# DELONGHI MAGNIFICA ECAM 22.110B LEAKING INTO DRIP TRAY... HELP PLEASE!



## Rob Mac (Mar 5, 2021)

Hi all. Here's hoping somebody can help with this annoying problem.

I have an issue where too much water is leaking into the left hand side of the drip tray (steam nozzle side) when the machine is either:



first switched on and charging up,


making coffee,


top right button is pressed to activate the steam function, or


machine is turning off both manually and automatically.


I've followed various how to videos posted on YouTube by Milen Stoitsev (Thanks Milen, all v.helpful and informative), but unfortunately none address my actual problem.

As per Milen's video "DeLonghi Magnifica Ecam Water Leaks and Dispenser Cleaning", I stripped the machine down, thoroughly checked and cleaned the interior (including descaling where required), removed, cleaned and reinstated all accessible hoses and also replaced the O rings to the infuser as a matter of routine maintenance. Happily that improved the coffee strength and cured a minor leak into the grounds box, but I still have the issue of too much water running into the drip tray.

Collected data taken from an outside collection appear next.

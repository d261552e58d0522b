-- ===== src/Tools/Calls.antt =====
-- A named read sends an authorized request with its arguments, or nothing.
use rustmistmcp.Prelude.{[], ◌∷◌, String, Option, none, ◌≡◌}
use rustmistmcp.Prelude.Maps
use rustmistmcp.Json
use rustmistmcp.Json.{Fields}
use rustmistmcp.Request.{MistRequest}
use rustmistmcp.Access.{CallerCtx, call_priority_for}
use rustmistmcp.Access.Dispatch.{CatalogRead, Handler, Reply, request_of}
use rustmistmcp.Access.Authorized.{IsAuthorized}
use rustmistmcp.Tools.{NamedRead}
use rustmistmcp.Tools.Split.{path_value, query_value}

module _ (h : Handler) (n : NamedRead) (args : Fields) (caller : Option CallerCtx) where
  -- The request of a named read: its operation, the arguments that it names as the path, and every
  -- other argument that is not null as the query.
  pub record IsNamedRequest (request : MistRequest) : Type 0 where
    pub operation_id : request.operation_id ≡ n.operation_id
    pub path :
        (name : String)
        → Maps.get name request.path ≡ path_value n.path_names name (Json.get name args)
    pub query :
        (name : String)
        → Maps.get name request.query ≡ query_value n.path_names name (Json.get name args)
    pub no_body : request.json ≡ none
    pub no_cursor : request.cursor ≡ none

  -- It is sent, and only it, for a read of the tool's own class that is authorized.
  abbrev pub SendsNamed : Reply → Type 0
  SendsNamed reply =
      (read : CatalogRead) × (read.tool ≡ n.tool)
      × (read.capability ≡ n.capability)
      × IsAuthorized h read caller
      × IsNamedRequest (request_of read)
      × (reply.sent ≡ (request_of read, call_priority_for caller) ∷ [])
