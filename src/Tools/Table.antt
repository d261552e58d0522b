-- ===== src/Tools/Table.antt =====
-- The table of the named tools.
use rustmistmcp.Prelude.{Bool, Option, String, Result, ok, ◌≡◌, ◌⊎◌, true, contains_text, ◌>>=◌}
use rustmistmcp.Catalog.{MistCapability, ordinary_read, privileged_read}
use rustmistmcp.Wan.{WanObject, StatsMode, SleImpact, AppSource}
use rustmistmcp.Access.{MistCallError}
use rustmistmcp.Access.Dispatch.{CatalogRead}
use rustmistmcp.Wan
use rustmistmcp.Tools
use rustmistmcp.Tools.{
  NamedRead, known_tools, restricted_tools, list_mist_applications, list_mist_wan_config,
  list_mist_wan_edges, search_mist_alarms, search_mist_bgp_peers,
}

-- A call of a tool that makes one read, with the arguments that choose its operation.
pub data NamedCall : Type 0 where
  call_get_mist_device call_get_mist_device_stats call_get_mist_insight call_get_mist_rrm
        call_get_mist_self call_get_mist_site call_get_mist_sle call_list_mist_rogues
        call_list_mist_sites call_list_mist_sle_metrics call_list_mist_upgrades call_list_mist_wlans
        call_list_mist_alarm_definitions call_search_mist_audit_logs call_search_mist_clients
        call_search_mist_events call_search_mist_inventory call_troubleshoot_mist :
      NamedCall
  call_get_mist_org : String → NamedCall
  call_get_mist_wan_config : WanObject → String → String → NamedCall
  call_get_mist_sle_impact : SleImpact → NamedCall
  call_get_mist_wan_edge_stats : Bool → NamedCall
  call_list_mist_applications : AppSource → StatsMode → Option String → NamedCall
  call_list_mist_wan_config : WanObject → Option String → Option String → NamedCall
  call_list_mist_wan_edges : Option String → Option String → NamedCall
  call_search_mist_alarms : StatsMode → Option String → Option String → NamedCall
  call_search_mist_bgp_peers : StatsMode → Option String → Option String → NamedCall
  call_search_mist_peer_paths : StatsMode → NamedCall
  call_search_mist_service_path_events : StatsMode → NamedCall
  call_search_mist_tunnels : StatsMode → NamedCall

-- The read of a tool: one whose arguments are split by `dispatch_named`, or one that the tool makes.
pub data ToolRead : Type 0 where
  by_arguments : NamedRead → ToolRead
  by_itself : CatalogRead → ToolRead

abbrev pub tool_of : ToolRead → String
tool_of (by_arguments n) = n.tool
tool_of (by_itself read) = read.tool

abbrev pub capability_of : ToolRead → MistCapability
capability_of (by_arguments n) = n.capability
capability_of (by_itself read) = read.capability

abbrev by_scope : Result MistCallError NamedRead → Result MistCallError ToolRead
by_scope found = found >>= λ n. ok (by_arguments n)

abbrev pub read_of_call : NamedCall → Result MistCallError ToolRead
read_of_call call_get_mist_device = ok (by_arguments Tools.get_mist_device)
read_of_call call_get_mist_device_stats = ok (by_arguments Tools.get_mist_device_stats)
read_of_call call_get_mist_insight = ok (by_arguments Tools.get_mist_insight)
read_of_call call_get_mist_rrm = ok (by_arguments Tools.get_mist_rrm)
read_of_call call_get_mist_self = ok (by_arguments Tools.get_mist_self)
read_of_call call_get_mist_site = ok (by_arguments Tools.get_mist_site)
read_of_call call_get_mist_sle = ok (by_arguments Tools.get_mist_sle)
read_of_call call_list_mist_rogues = ok (by_arguments Tools.list_mist_rogues)
read_of_call call_list_mist_sites = ok (by_arguments Tools.list_mist_sites)
read_of_call call_list_mist_sle_metrics = ok (by_arguments Tools.list_mist_sle_metrics)
read_of_call call_list_mist_upgrades = ok (by_arguments Tools.list_mist_upgrades)
read_of_call call_list_mist_wlans = ok (by_arguments Tools.list_mist_wlans)
read_of_call call_list_mist_alarm_definitions = ok (by_arguments Tools.list_mist_alarm_definitions)
read_of_call call_search_mist_audit_logs = ok (by_arguments Tools.search_mist_audit_logs)
read_of_call call_search_mist_clients = ok (by_arguments Tools.search_mist_clients)
read_of_call call_search_mist_events = ok (by_arguments Tools.search_mist_events)
read_of_call call_search_mist_inventory = ok (by_arguments Tools.search_mist_inventory)
read_of_call call_troubleshoot_mist = ok (by_arguments Tools.troubleshoot_mist)
read_of_call (call_get_mist_sle_impact impact) =
    ok (by_arguments (Tools.get_mist_sle_impact impact))
read_of_call (call_get_mist_wan_edge_stats per_device) =
    ok (by_arguments (Tools.get_mist_wan_edge_stats per_device))
read_of_call (call_list_mist_applications source mode site_id) =
    by_scope (Tools.list_mist_applications source mode site_id)
read_of_call (call_list_mist_wan_config object org_id site_id) =
    by_scope (Tools.list_mist_wan_config object org_id site_id)
read_of_call (call_list_mist_wan_edges org_id site_id) =
    by_scope (Tools.list_mist_wan_edges org_id site_id)
read_of_call (call_search_mist_alarms mode org_id site_id) =
    by_scope (Tools.search_mist_alarms mode org_id site_id)
read_of_call (call_search_mist_bgp_peers mode org_id site_id) =
    by_scope (Tools.search_mist_bgp_peers mode org_id site_id)
read_of_call (call_search_mist_peer_paths mode) =
    ok (by_arguments (Tools.search_mist_peer_paths mode))
read_of_call (call_search_mist_service_path_events mode) =
    ok (by_arguments (Tools.search_mist_service_path_events mode))
read_of_call (call_search_mist_tunnels mode) = ok (by_arguments (Tools.search_mist_tunnels mode))
read_of_call (call_get_mist_org org_id) = ok (by_itself (Tools.get_mist_org org_id))
read_of_call (call_get_mist_wan_config object org_id object_id) =
    ok (by_itself (Tools.get_mist_wan_config object org_id object_id))

-- The tool is known, and it is restricted where its read is privileged.
abbrev pub IsListed : ToolRead → Type 0
IsListed n =
    (contains_text known_tools (tool_of n) ≡ true)
    × ((capability_of n ≡ ordinary_read)
        ⊎ ((capability_of n ≡ privileged_read)
            × (contains_text restricted_tools (tool_of n) ≡ true)))
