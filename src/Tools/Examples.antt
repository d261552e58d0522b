-- ===== src/Tools/Examples.antt =====
-- The search of a site's clients, called with a page size.
use rustmistmcp.Prelude.{[], ◌∷◌, ok, ◌≡◌, refl}
use rustmistmcp.Prelude.Maps
use rustmistmcp.Json
use rustmistmcp.Json.{Value, null, str, num, unsigned, obj, Fields, end, field}
use rustmistmcp.Access.Examples.{lab_id}
use rustmistmcp.Tools.{named_maps, split_args, list_mist_sites}

abbrev args : Fields
args = field "org_id" (str lab_id) (field "limit" (num (unsigned 10)) (field "page" null end))

args_split :
    named_maps (obj args) list_mist_sites.path_names
    ≡ ok (("org_id", lab_id) ∷ [], ("limit", num (unsigned 10)) ∷ [])
unfolding named_maps split_args Maps.insert
args_split = refl
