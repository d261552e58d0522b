-- ===== src/Wan/Selectors.antt =====
-- The selectors name different operations for different choices, and the path that fits the scope.
use rustmistmcp.Prelude.{
  ◌≡◌, refl, sym, ap, ◌∙◌, ◌↔◌, List, [], ◌∷◌, Option, none, some, String, str_eq, ok,
  if◌then◌else◌,
}
use rustmistmcp.Wan.{
  WanScope, org, site, StatsMode, records, count, resolve_scope, wan_edges, bgp_peers, alarms,
  WanObject, network, service, service_policy, gateway_template, device_profile, list_config,
}

-- The first choice whose name is the given one: a way back from an operation to its selectors.
unfoldable pub find_choice : {A : Type 0} → (A → String) → String → List A → Option A
find_choice name s [] = none
find_choice name s (a ∷ rest) = if str_eq (name a) s then some a else find_choice name s rest

pub some-inj : {A : Type 0} (a b : A) → some a ≡ some b → a ≡ b
some-inj a b e = cc

abbrev pub all_objects : List WanObject
all_objects = network ∷ service ∷ service_policy ∷ gateway_template ∷ device_profile ∷ []

abbrev scope_choices : List (WanObject × WanScope)
scope_choices =
    (network, org)
    ∷ (service, org)
    ∷ (service_policy, org)
    ∷ (gateway_template, org)
    ∷ (device_profile, org)
    ∷ (network, site)
    ∷ (service, site)
    ∷ (service_policy, site)
    ∷ (gateway_template, site)
    ∷ (device_profile, site)
    ∷ []

abbrev listing : WanObject × WanScope → String
listing (object, scope) = (list_config object scope).operation_id

find-list_config :
    (object : WanObject) (scope : WanScope)
    → find_choice listing (listing (object, scope)) scope_choices ≡ some (object, scope)
unfolding find_choice list_config
find-list_config network org = refl
find-list_config network site = refl
find-list_config service org = refl
find-list_config service site = refl
find-list_config service_policy org = refl
find-list_config service_policy site = refl
find-list_config gateway_template org = refl
find-list_config gateway_template site = refl
find-list_config device_profile org = refl
find-list_config device_profile site = refl

-- No two listings share an operation: the operation determines the object type and the scope.
pub list_config-inj :
    (a b : WanObject × WanScope)
    → (list_config a.0 a.1).operation_id ≡ (list_config b.0 b.1).operation_id
    → a ≡ b
list_config-inj (o, s) (o', s') e = some-inj _ _ (
    sym (find-list_config o s)
    ∙ ap (λ w. find_choice listing w scope_choices) e
    ∙ find-list_config o' s')

-- The identifier that a scope puts into the path.
abbrev pub scope_name : WanScope → String
scope_name org = "org_id"
scope_name site = "site_id"

wan_edges_path : (scope : WanScope) → (wan_edges scope).path_names ≡ scope_name scope ∷ []
unfolding wan_edges
wan_edges_path org = refl
wan_edges_path site = refl

bgp_peers_path :
    (scope : WanScope) (mode : StatsMode)
    → (bgp_peers scope mode).path_names ≡ scope_name scope ∷ []
unfolding bgp_peers
bgp_peers_path org records = refl
bgp_peers_path org count = refl
bgp_peers_path site records = refl
bgp_peers_path site count = refl

alarms_path :
    (scope : WanScope) (mode : StatsMode) → (alarms scope mode).path_names ≡ scope_name scope ∷ []
unfolding alarms
alarms_path org records = refl
alarms_path org count = refl
alarms_path site records = refl
alarms_path site count = refl

list_config_path :
    (object : WanObject) (scope : WanScope)
    → (list_config object scope).path_names ≡ scope_name scope ∷ []
unfolding list_config
list_config_path network org = refl
list_config_path network site = refl
list_config_path service org = refl
list_config_path service site = refl
list_config_path service_policy org = refl
list_config_path service_policy site = refl
list_config_path gateway_template org = refl
list_config_path gateway_template site = refl
list_config_path device_profile org = refl
list_config_path device_profile site = refl

-- Every tool that takes a scope carries exactly that scope's identifier in the path, whatever else
-- is chosen.
pub scoped_path_names :
    (scope : WanScope) (mode : StatsMode) (object : WanObject)
    → ((wan_edges scope).path_names ≡ scope_name scope ∷ [])
      × ((bgp_peers scope mode).path_names ≡ scope_name scope ∷ [])
      × ((alarms scope mode).path_names ≡ scope_name scope ∷ [])
      × ((list_config object scope).path_names ≡ scope_name scope ∷ [])
scoped_path_names scope mode object = (
  wan_edges_path scope,
  bgp_peers_path scope mode,
  alarms_path scope mode,
  list_config_path object scope,
)

abbrev pub Given : Option String → Type 0
Given o = (id : String) × (o ≡ some id)

-- A scope is resolved exactly when one of the two identifiers is given and the other is not, and it
-- is the scope of the one that is.
pub resolve_scope_iff :
    (org_id site_id : Option String)
    → ((resolve_scope org_id site_id ≡ ok org) ↔ (Given org_id × (site_id ≡ none)))
      × ((resolve_scope org_id site_id ≡ ok site) ↔ ((org_id ≡ none) × Given site_id))
unfolding resolve_scope
resolve_scope_iff none none = ((λ e. cc, λ g. cc), (λ e. cc, λ g. cc))
resolve_scope_iff none (some s) = ((λ e. cc, λ g. cc), (λ e. (refl, (s, refl)), λ g. refl))
resolve_scope_iff (some o) none = ((λ e. ((o, refl), refl), λ g. refl), (λ e. cc, λ g. cc))
resolve_scope_iff (some o) (some s) = ((λ e. cc, λ g. cc (g.1)), (λ e. cc, λ g. cc (g.0)))
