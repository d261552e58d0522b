-- ===== src/WanWrite/Merge.antt =====
-- What a merge gives at each key.
use rustmistmcp.Prelude.{
  ◌≡◌, refl, Option, none, some, String, str_eq, eq_iff, arith, if◌then◌else◌, Option-cases, inl,
  inr,
}
use rustmistmcp.Json.{Value, null, obj, Fields, end, field, get}
use rustmistmcp.Json.Entries.{get-insert, get-remove, IsMap}
use rustmistmcp.WanWrite.{base_fields, merge_entry, merge_patch, merge_fields}

-- What a patch's entry asks for at its own key: nothing is left by `null`; a value is merged onto
-- what stands there, and stands for itself where nothing does.
abbrev pub patched : Option Value → Value → Option Value
patched old null = none
patched none value = some value
patched (some existing) value = some (merge_patch existing value)

-- What stands at a key when the patch is read as a map.
abbrev pub expected : Option Value → Option Value → Option Value
expected old none = old
expected old (some value) = patched old value

get-merge_entry :
    (j k : String) (value : Value) (merged : Fields)
    → get j (merge_entry (λ existing. merge_patch existing value) merged k value)
      ≡ (if str_eq k j then patched (get j merged) value else get j merged)
unfolding merge_entry
get-merge_entry j k null merged = get-remove k j merged
get-merge_entry j k value merged = elim (Option-cases (get k merged)) [
  | inl absent ↦ ground (arith, absent, eq_iff k j, get-insert k j value merged)
  | inr (old, found) ↦
      ground (arith, found, eq_iff k j, get-insert k j (merge_patch old value) merged)
]

get-merge_fields :
    (j : String) (merged patch : Fields)
    → IsMap patch
    → get j (merge_fields merged patch) ≡ expected (get j merged) (get j patch)
unfolding merge_fields get
get-merge_fields j merged end h = refl
get-merge_fields j merged (field k value patch) (fresh, h) = ground (
  arith,
  eq_iff k j,
  get-merge_entry j k value merged,
  get-merge_fields j (merge_entry (λ existing. merge_patch existing value) merged k value) patch h,
)

-- The merged object at every key: what was read where the patch has no such key, nothing where the
-- patch has null, the patch's value where nothing stood there, and otherwise the merge of the two.
pub get-merge_patch :
    (j : String) (before : Value) (patch : Fields)
    → IsMap patch
    → (after : Fields) × (merge_patch before (obj patch) ≡ obj after)
      × (get j after ≡ expected (get j (base_fields before)) (get j patch))
unfolding merge_patch
get-merge_patch j before patch h =
    (merge_fields (base_fields before) patch, refl, get-merge_fields j (base_fields before) patch h)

By process of elimination I have identified that the water is coming from a plastic pipe which then discharges into the upright black drainage section that then runs off into the drip tray. It is clean hot water with no coffee grounds or staining. See attached video for identification purposes.

I've searched online but unfortunately can't find a parts diagram for this model anywhere that will help me identify what this pipe is, where it comes from or what it connects to. If anybody recognises this problem, I'd appreciate your help and advice as to what part(s) I need and how to fit them.

Although the machine is 5-6 years old it's had very light use (2 cups a day max). Other than this annoyance, it works perfectly and makes great coffee, so I'm reluctant to scrap it and spend £ hundreds on a new machine when it can be repaired for the price of a few quids worth of spare parts and a couple of hours of my time. Thanks to lockdown I've got plenty of time on my hands and my repair skills are probably above that of your average DIY-er, so I'm fairly confident I can tackle this with a bit of help and advice from anyone who knows what the problem is and how to solve it.

Thanks in advance

Rob


----------



## Rob Mac (Mar 5, 2021)

UPDATE....

I thought the problem might be the steam valve unit, so I've just replaced it but the problem still persists 😡

Please can anybody shed some light on where this leak is likely coming from?


----------



## Rob Mac (Mar 5, 2021)

SECOND UPDATE

To continue this conundrum....



Steam valve replaced,


3x large orange O rings to infuser replaced,


Still no joy.


Today I've stripped out the piston head/thermoblock. There are no visible cracks to the plastic casing and no blockages that I can see. In the absence of any obvious fault I'm now stuck.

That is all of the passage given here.